DATA LISTING:

------------------------------------------------

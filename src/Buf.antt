-- ===== src/Buf.antt =====
-- lio/src/buf.rs: the pool of buffers that operations borrow.
-- A `LentBuf` is its index, the pool is passed along. The two ends of the channel of free indices
-- are one queue, whose front is the head of the list; the queue is unbounded, so a send succeeds.
-- An operation on an atomic is one on the field, so a run is a sequence of whole operations.
-- `usize` subtraction and slices panic out of range (`len - pos` only where overflow is checked).
-- `Vec` and the adapters `chunks` and `windows` are the library's.
pub mod Pool
pub mod Lending
pub mod Holders
pub mod Lifetime
pub mod Waiting
pub mod Bytes
use lio.Base.{
  ℕ, zero, suc, ◌+◌, ◌-◌, ◌%◌, ◌^◌, Bool, true, false, Option, none, some, List, [], ◌∷◌, ◌++◌, ltb,
  if◌then◌else◌, get_elem?, set, replicate, take, drop, length, Outcome, ret, panic, ◌>>=◌, expect,
}

-- `BUF_LEN`.
abbrev pub buf_len : ℕ
buf_len = 4096

pub record BufCell : Type 0 where
  pub buf : List ℕ
  pub len : ℕ
  pub pos : ℕ
  pub in_use : Bool

pub record BufStore : Type 0 where
  pub buffers : List BufCell
  pub free : List ℕ

-- `BufCell::new`.
abbrev pub new_cell : BufCell
new_cell = record { buf = replicate buf_len 0; len = 0; pos = 0; in_use = false }

-- The indices of `with_capacity`, each cast to `u32`: `k` of them from `i` on.
abbrev pub indices : ℕ → ℕ → List ℕ
indices zero i = []
indices (suc k) i = i % 2 ^ 32 ∷ indices k (suc i)

unfoldable pub with_capacity : ℕ → BufStore
with_capacity cap = record { buffers = replicate cap new_cell; free = indices cap 0 }

-- What `acquire_buffer` leaves in the cell.
abbrev pub acquired : BufCell → BufCell
acquired c = record c { len = 0; pos = 0; in_use = true }

unfoldable pub acquire_buffer : BufStore → ℕ → Outcome (ℕ × BufStore)
acquire_buffer s index = expect (get_elem? s.buffers index) >>= λ cell.
    if cell.in_use
    then panic
    else ret (index, record s { buffers = set s.buffers index (acquired cell) })

-- `none` when every buffer is lent.
unfoldable pub try_get : BufStore → Outcome (Option ℕ × BufStore)
unfolding acquire_buffer
try_get s = elim s.free [
  | [] ↦ ret (none, s)
  | index ∷ rest ↦
      acquire_buffer (record s { free = rest }) index >>= λ lent. ret (some lent.0, lent.1)
]

-- A thread in `get` has its buffer, or waits for one.
pub data Getting : Type 0 where
  has : ℕ → Getting
  waits : Getting

-- `recv` takes an index when there is one; the channel never disconnects, as the pool has both ends.
unfoldable pub get : BufStore → Outcome (Getting × BufStore)
unfolding acquire_buffer
get s = elim s.free [
  | [] ↦ ret (waits, s)
  | index ∷ rest ↦
      acquire_buffer (record s { free = rest }) index >>= λ lent. ret (has lent.0, lent.1)
]

-- `later` is what the others have made of the pool when an index is sent or else the time is over.
unfoldable pub get_timeout : BufStore → BufStore → Outcome (Option ℕ × BufStore)
unfolding acquire_buffer
get_timeout s later =
    let pool : BufStore = elim s.free [ [] ↦ later | index ∷ rest ↦ s ] in
    elim pool.free [
      | [] ↦ ret (none, pool)
      | index ∷ rest ↦
          acquire_buffer (record pool { free = rest }) index >>= λ lent. ret (some lent.0, lent.1)
    ]

-- What `zeroize` leaves in the cell.
abbrev pub zeroed : BufCell → BufCell
zeroed c = record c { buf = replicate buf_len 0; len = 0; pos = 0 }

unfoldable pub zeroize : BufStore → ℕ → Outcome BufStore
zeroize s index = expect (get_elem? s.buffers index) >>= λ cell.
    ret (record s { buffers = set s.buffers index (zeroed cell) })

-- `Drop for LentBuf`; `wipes` is the feature `zeroize`.
unfoldable pub drop_lent : Bool → BufStore → ℕ → Outcome BufStore
unfolding zeroize
drop_lent wipes s index = (if wipes then zeroize s index else ret s) >>= λ s'.
    expect (get_elem? s'.buffers index) >>= λ cell. ret (record {
      buffers = set s'.buffers index (record cell { in_use = false });
      free = s'.free ++ index ∷ [];
    })

unfoldable pub after : BufStore → ℕ → ℕ → Outcome BufStore
after s index bw = expect (get_elem? s.buffers index) >>= λ cell.
    if ltb buf_len bw
    then panic
    else ret (record s { buffers = set s.buffers index (record cell { len = bw }) })

-- The slice `buf[pos..len]`.
abbrev pub slice : BufCell → Outcome (List ℕ)
slice c =
    if ltb c.len c.pos
    then panic
    else (if ltb (length c.buf) c.len then panic else ret (take (c.len - c.pos) (drop c.pos c.buf)))

-- `as_ref`, and `chunk`, which is the same code.
unfoldable pub as_ref : BufStore → ℕ → Outcome (List ℕ)
as_ref s index = expect (get_elem? s.buffers index) >>= λ cell. slice cell

unfoldable pub remaining : BufStore → ℕ → Outcome ℕ
remaining s index = expect (get_elem? s.buffers index) >>= λ cell.
    if ltb cell.len cell.pos then panic else ret (cell.len - cell.pos)

unfoldable pub advance : BufStore → ℕ → ℕ → Outcome BufStore
advance s index cnt = expect (get_elem? s.buffers index) >>= λ cell.
    if ltb cell.len cell.pos
    then panic
    else (if ltb (cell.len - cell.pos) cnt
        then panic
        else ret
            (record s { buffers = set s.buffers index (record cell { pos = cell.pos + cnt }) }))

-- `LentBufIter::next`, from the position `at`: the byte and the next position.
unfoldable pub next : BufStore → ℕ → ℕ → Outcome (Option ℕ × ℕ)
unfolding remaining as_ref
next s index at = remaining s index >>= λ left.
    if ltb at left
    then (as_ref s index >>= λ bytes. expect (get_elem? bytes at) >>= λ val. ret (some val, at + 1))
    else ret (none, at)

unfoldable pub capacity : BufStore → ℕ
capacity s = length s.buffers

unfoldable pub available : BufStore → ℕ
available s = length s.free
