-- ===== src/Buf/Bytes.antt =====
-- Reading a lent buffer: `as_ref`, `remaining`, `advance` and the iterator.
use lio.Base.{
  ℕ, zero, suc, ◌+◌, ◌-◌, ◌≤◌, ◌<◌, ◌≡◌, refl, sym, ap, ◌∙◌, ◌⊎◌, inl, inr, none, some, List, [],
  ◌∷◌, arith, ltb, get_elem?, get_elem?-lt, set, take, drop, length, get_elem?-set_self, Outcome,
  ret, panic, ◌>>=◌, Bool-cases, get_elem?_total, take-nil, drop-get, drop_beyond,
}
use lio.Buf.{BufCell, BufStore, buf_len, after, advance, as_ref, remaining, next}

length-take-drop : (xs : List ℕ) (n m : ℕ) → n + m ≤ length xs → length (take n (drop m xs)) ≡ n
length-take-drop xs zero m h = refl
length-take-drop [] (suc n) zero h = absurd (omega (arith, h))
length-take-drop (x ∷ xs) (suc n) zero h = ap suc (length-take-drop xs n zero (omega (arith, h)))
length-take-drop [] (suc n) (suc m) h = absurd (omega (arith, h))
length-take-drop (x ∷ xs) (suc n) (suc m) h = length-take-drop xs (suc n) m (omega (arith, h))

drop-nil : (n : ℕ) → drop {A = ℕ} n [] ≡ []
drop-nil zero = refl
drop-nil (suc n) = refl

drop-take : (ys : List ℕ) (k n t : ℕ) → k + n ≡ t → drop k (take t ys) ≡ take n (drop k ys)
drop-take ys zero n t e = ap (λ m. take m ys) (omega (arith, e))
drop-take ys (suc k) n zero e = absurd (omega (arith, e))
drop-take [] (suc k) n (suc t) e = sym (take-nil n)
drop-take (y ∷ ys) (suc k) n (suc t) e = drop-take ys k n t (omega (arith, e))

drop-drop : (xs : List ℕ) (m k t : ℕ) → m + k ≡ t → drop k (drop m xs) ≡ drop t xs
drop-drop xs zero k t e = ap (λ j. drop j xs) (omega (arith, e))
drop-drop xs (suc m) k zero e = absurd (omega (arith, e))
drop-drop [] (suc m) k (suc t) e = drop-nil k
drop-drop (x ∷ xs) (suc m) k (suc t) e = drop-drop xs m k t (omega (arith, e))

-- A lent buffer whose valid part is the bytes `pos..len`.
module _ (s : BufStore) (i : ℕ) (c : BufCell) (at : get_elem? s.buffers i ≡ some c)
    (ordered : c.pos ≤ c.len) (within : c.len ≤ length c.buf) where
  -- `as_ref` returns the bytes from `pos` to `len`, as many as `remaining` says. `advance` by no
  -- more takes that many off their front, and by more panics.
  pub as_ref-advance :
      (cnt : ℕ)
      → (bytes : List ℕ) × (as_ref s i ≡ ret bytes)
        × (remaining s i ≡ ret (length bytes))
        × (((cnt ≤ length bytes)
              × (s' : BufStore) × (advance s i cnt ≡ ret s')
              × (as_ref s' i ≡ ret (drop cnt bytes)))
            ⊎ ((length bytes < cnt) × (advance s i cnt ≡ panic)))
  unfolding as_ref remaining advance
  as_ref-advance cnt = (
    bytes,
    ground (arith, at, ordered, within),
    ground (arith, at, ordered, size),
    elim (Bool-cases (ltb (c.len - c.pos) cnt)) [
      | inl over ↦ inr (ground (arith, size, over), ground (arith, at, ordered, over))
      | inr fits ↦ inl (
        ground (arith, size, fits),
        record s { buffers = set s.buffers i moved },
        ground (arith, at, ordered, fits),
        ground (arith, now, rest, ordered, within, fits),
      )
    ],
  )
    where
      bytes : List ℕ
      bytes = take (c.len - c.pos) (drop c.pos c.buf)

      size : length bytes ≡ c.len - c.pos
      size = length-take-drop c.buf (c.len - c.pos) c.pos (omega (arith, ordered, within))

      moved : BufCell
      moved = record c { pos = c.pos + cnt }

      now : get_elem? (set s.buffers i moved) i ≡ some moved
      now = get_elem?-set_self s.buffers i moved (get_elem?-lt s.buffers i at)

      rest :
          cnt ≤ c.len - c.pos
          → drop cnt bytes ≡ take (c.len - (c.pos + cnt)) (drop (c.pos + cnt) c.buf)
      rest h =
          drop-take (drop c.pos c.buf) cnt (c.len - (c.pos + cnt)) (c.len - c.pos)
            (omega (arith, ordered, h))
          ∙ ap (take (c.len - (c.pos + cnt))) (drop-drop c.buf c.pos cnt (c.pos + cnt) refl)

  -- A transfer that is shorter than what was consumed before leaves a buffer that cannot be read:
  -- `after` does not reset the position.
  pub after_short_panics :
      (bw : ℕ)
      → bw ≤ buf_len
      → bw < c.pos
      → (s' : BufStore) × (after s i bw ≡ ret s') × (as_ref s' i ≡ panic) × (remaining s' i ≡ panic)
  unfolding after as_ref remaining
  after_short_panics bw small short = (
    record s { buffers = set s.buffers i filled },
    ground (arith, at, small),
    ground (arith, now, short),
    ground (arith, now, short),
  )
    where
      filled : BufCell
      filled = record c { len = bw }

      now : get_elem? (set s.buffers i filled) i ≡ some filled
      now = get_elem?-set_self s.buffers i filled (get_elem?-lt s.buffers i at)

-- The bytes that the iterator yields from the position `from` on, when asked at most `fuel` times.
abbrev pub collect : BufStore → ℕ → ℕ → ℕ → Outcome (List ℕ)
collect s i zero from = ret []
collect s i (suc fuel) from = elim (next s i from) [
  | panic ↦ panic
  | ret (none, at) ↦ ret []
  | ret (some val, at) ↦ collect s i fuel at >>= λ vals. ret (val ∷ vals)
]

collect_from :
    (s : BufStore) (i : ℕ) (bytes : List ℕ)
    → as_ref s i ≡ ret bytes
    → remaining s i ≡ ret (length bytes)
    → (fuel from : ℕ) → length bytes < from + fuel
    → collect s i fuel from ≡ ret (drop from bytes)
unfolding next
collect_from s i bytes ref left zero from h =
    ap ret (sym (drop_beyond bytes from (omega (arith, h))))
collect_from s i bytes ref left (suc fuel) from h = elim (Bool-cases (ltb from (length bytes))) [
  | inl more ↦
      let (val, at) = get_elem?_total bytes from (ground (arith, more)) in
      let later = collect_from s i bytes ref left fuel (from + 1) (omega (arith, h)) in
      let same = drop-get bytes from (from + 1) refl at in
      ground (arith, left, ref, more, at, later, same)
  | inr over ↦
      let nothing = drop_beyond bytes from (ground (arith, over)) in
      ground (arith, left, over, nothing)
]

-- The iterator over a lent buffer yields what `as_ref` returns, byte by byte, and then ends, when
-- it is asked more often than there are bytes.
pub collect-as_ref :
    (s : BufStore) (i fuel : ℕ) (bytes : List ℕ)
    → as_ref s i ≡ ret bytes
    → remaining s i ≡ ret (length bytes)
    → length bytes < fuel
    → collect s i fuel 0 ≡ ret bytes
collect-as_ref s i fuel bytes ref left h = collect_from s i bytes ref left fuel 0 (omega (arith, h))
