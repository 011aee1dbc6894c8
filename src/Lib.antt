-- ===== src/Lib.antt =====
-- margin-offer-system keeps offers of margin loans: a service that stores them, a backfiller and a
-- real-time ETL that write them, and clients that list them and subscribe to their changes.
--
-- Files, and the code that they model:
--   * Base: the library names that the other files use, and what the native numbers need besides:
--     Boolean tests (Base/Tests), lists (Base/Lists), integers and int32 (Base/Int), the printing of
--     a number (Base/Decimal), panics (Base/Run) and Go maps (Base/GoMap).
--   * Types: types/margin_offer.go (Types/Offer), types/errors.go (Types/Error), `ListRequest` of
--     types/requests.go and `OverwriteFilter` of types/interfaces.go (Types/Filter), types/pool.go
--     (Types/Pool, with the reads of bytes in Types/Pool/Bytes, `ToMarginOffer` in Types/Pool/Offer,
--     and proofs in Layout and Bounds), float64 (Types/Float) and time.Time (Types/Time).
--   * Store/Memory: store/memory_store.go, the state and the single-offer operations; its child
--     Index holds the helpers of one index, Invariant the consistency of a store, Spec the contract,
--     Refine the proofs that the operations implement it, Handed that they hand the caller's offer
--     back, and Roundtrip what `GetByID` sees of them.
--   * Store/Criteria: what the criteria of filters ask for, apart from the code that checks them.
--   * Store/Upsert and Store/Overwrite: store/memory_store_upsert.go; Selected, Refine and Meant hold
--     the proofs of the overwrite.
--   * Store/Bulk: store/memory_store_bulk.go.
--   * Store/Filters: store/memory_store_filters.go, and `List` of store/memory_store.go;
--     Listing and Shown hold the proofs.
--   * Store/Queries: store/memory_store_queries.go.
--   * Store/Histories: operations one after another.
--   * Store/Start: the store as `NewMemoryStore` makes it, and in its child Calls histories on it.
--   * Store/Announced: the change events of a history. Its children Leaves and Quiet are about
--     what queues none, Calls about each call, Queue about the queue, Followed about the events as
--     changes of a table, and Mirror about a subscriber.
--   * Store/Notification and Store/Subscriptions: store/notification_service.go, the queue of change
--     events and the subscriptions that they are delivered to; Delivery, Account and Processor hold
--     what delivery does to the channels, Cleanup what the end of subscriptions leaves, Histories all
--     that happens to them in any order, Asked what is delivered, and Race what an `Unsubscribe` in between does.
--   * Grpc/Messages: the messages of proto/margin_offer.proto. Grpc/Converters:
--     store/grpc_converters.go. Grpc/Server: store/grpc_server.go, with the handlers of batches in
--     its child Bulk and `ListMarginOffers` in Listing; Refine and Pages hold the proofs.
--   * Grpc/Stream: `SubscribeMarginOffers` of store/grpc_server.go with the messages of
--     store/notification_service.go; Steps, Ordered, Asked and Closed hold the proofs.
--   * Grpc/Client: store/grpc_client.go, in its children Methods and Listings; Laws and Contract
--     compose it with the server and the memory store.
--   * Etl/Events: types/events.go. Etl/Handlers, Etl/Liquidity and Etl/Retries:
--     realtime-etl/event_processors.go, what an event does and the loop with its retries; Counted and
--     Drained hold proofs. Etl/Loops: the loops over all kinds of event. Etl/Lifecycle and
--     Etl/Health: realtime-etl/processor.go, its life and its health check.
--   * Backfill/Requests, Backfill/Fetch, Backfill/Blocks, Backfill/Sync and Backfill/Service:
--     backfillers/backfiller.go, with the schedule and the cleanup of backfillers/workers.go in the
--     last. Backfill/Jobs: backfillers/workers.go; its child Sources holds the jobs that nothing
--     calls, Refused and Chain what a job of the chain comes to. Backfill/Latest: `BackfillLatest`,
--     `GetStatus` and `GetProgress`. Backfill/Config: backfillers/job_config.go, and the requests of
--     cmd/backfillers/main.go, whose set-up is in Backfill/Command. Backfill/Positions: what
--     `SyncPoolsWithPositions` logs of a pool's positions. Backfill/Workers: the queue of jobs and the workers, with proofs in
--     Accounts, Silent and Liveness.
--   * Chain: pkg/chain/solana.go; Sync, Jobs and Events put it under the backfiller and the ETL,
--     and Hollow is about events without an offer.
--   * Metrics: pkg/metrics/metrics.go. Logger: pkg/logger/logger.go.
--   * Tests: runs on concrete stores, offers, messages, events, accounts, subscriptions and histories.
--
-- How the code is read:
--   * An operation of the store holds the lock from its first look at the state to its end, so it
--     is one function from the state to a reply: the new state, the caller's offers as the
--     operation left them, and the error. What comes before the lock reads the argument alone.
--   * A write to a nil map and a slice out of range are panics, which end the process: `Run`.
--   * A Go map is an association list in the order that the next `range` takes. Theorems hold for
--     every list, so for every order. The store is consistent if its maps are allocated, no ID
--     stands twice, each offer stands under its ID, and each index lists exactly the offers of the
--     table, each once, under the key that it has. The store that `NewMemoryStore` makes is not,
--     since its indexes are nil: Store/Start says what it does. The results about a consistent store
--     are about the operations where the indexes are allocated, as the code means them to be.
--   * The contract of the operations is a partial function from IDs to offers.
--   * A pointer to a value is an option. The store keeps and returns copies, so the model has no
--     aliases of what is stored; the caller's pointer, which an operation stamps, is in the reply.
--     A change event has the caller's own pointer, which is a number here, with what its object holds
--     when it is looked at: the event processor is given what the objects hold at each of its rounds.
--   * A subscription is shared between the map and the loops that send to it, so it stays on a heap
--     under its ID. A loop that sends has two halves: it reads the map under the lock, and it sends
--     without it. Each half is a function.
--   * The clock is a sequence of readings, which are counted where they are made; a fresh UUID is an
--     argument.
--   * A float64 is NaN, an infinity or an integer number of steps of 2^-1074. Its comparison is
--     exact. The rounding of a quotient is written out, with fuel for 1400 binary digits, which is
--     more than a word of 64 bits has in such steps. The addition of `GetTotalLiquidity` is an
--     argument. Integers of 64 bits wrap where the code subtracts them.
--   * A handler that looks at the store twice is given the store at each look, since other calls can
--     come between. The client's methods take the call that they make as an argument: it has a state
--     of its own, which the server's handlers fill with the memory store.
--   * The processor and the backfiller know the store by its interface, a record of operations that
--     the memory store fills, and the chain by the answers of its calls.
--   * The loop over events and its sleeping retries are a step relation: the steps come in any order,
--     and a sleeper waits while the channel holds 1000 events. A retry raises a count that stops it
--     at 3, so the steps are bounded without fuel.
--   * The workers of the backfiller are a step relation, too, with the calls of its users: a worker's
--     whole job is one step, at the job's end, and so is a sync of pools. The stream of a subscription is a function of what happens to its channel, in the
--     order in which it happens: events, heartbeats, the close and the rounds of its handler.
--   * The chain client of the program answers without a node, so it is modelled as it stands, and fills
--     the interfaces that the backfiller and the processor have of a chain. The waiting between its
--     mock events is left out.
--   * Loops that the code ends by a test have fuel: `FetchFromChain` one round more than the blocks
--     that it asks for, the slices of a job one for each offer, and a client that goes through the
--     pages one request for each offer above its offset.
--   * A status of gRPC is its code and its text. The addition of the client's `GetTotalLiquidity`,
--     timestamppb and the context's error after a batch or a block are arguments. What is used of
--     timestamppb is that a time arrives as it was sent.
--   * Of Go's library, `strings.ToLower`, `sort.Slice` and, for the store, the printing of a number
--     are arguments. What is used of `sort.Slice` is that it rearranges its slice. Public keys of
--     solana-go are an argument, too, and so are the sum of the metrics' values, the parsing of JSON
--     and of a log level, and the contents of files and of the environment.
--
-- Not modelled: what the logger and logrus write, and the logging calls in the other parts; the
-- counters of processed events; the listener, dialling and closing of gRPC; the tickers of the
-- notification service and of the backfiller, whose rounds are functions; the steps that jobs of
-- several workers take at once; the parsing of flags, the signals and the start of the servers in the
-- commands; request and response types that no code reads or fills; the examples, which only call the
-- client; the marginfi script, which is TypeScript over a third-party SDK.
pub mod Base
pub mod Types
pub mod Store
pub mod Grpc
pub mod Etl
pub mod Backfill
pub mod Chain
pub mod Metrics
pub mod Logger
mod Tests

------------------------------------------------

Give the exact lines, and only those, from the line containing "histories on it." through the line containing "the events as" in the entries above.

--   * Store/Start: the store as `NewMemoryStore` makes it, and in its child Calls histories on it.
--   * Store/Announced: the change events of a history. Its children Leaves and Quiet are about
--     what queues none, Calls about each call, Queue about the queue, Followed about the events as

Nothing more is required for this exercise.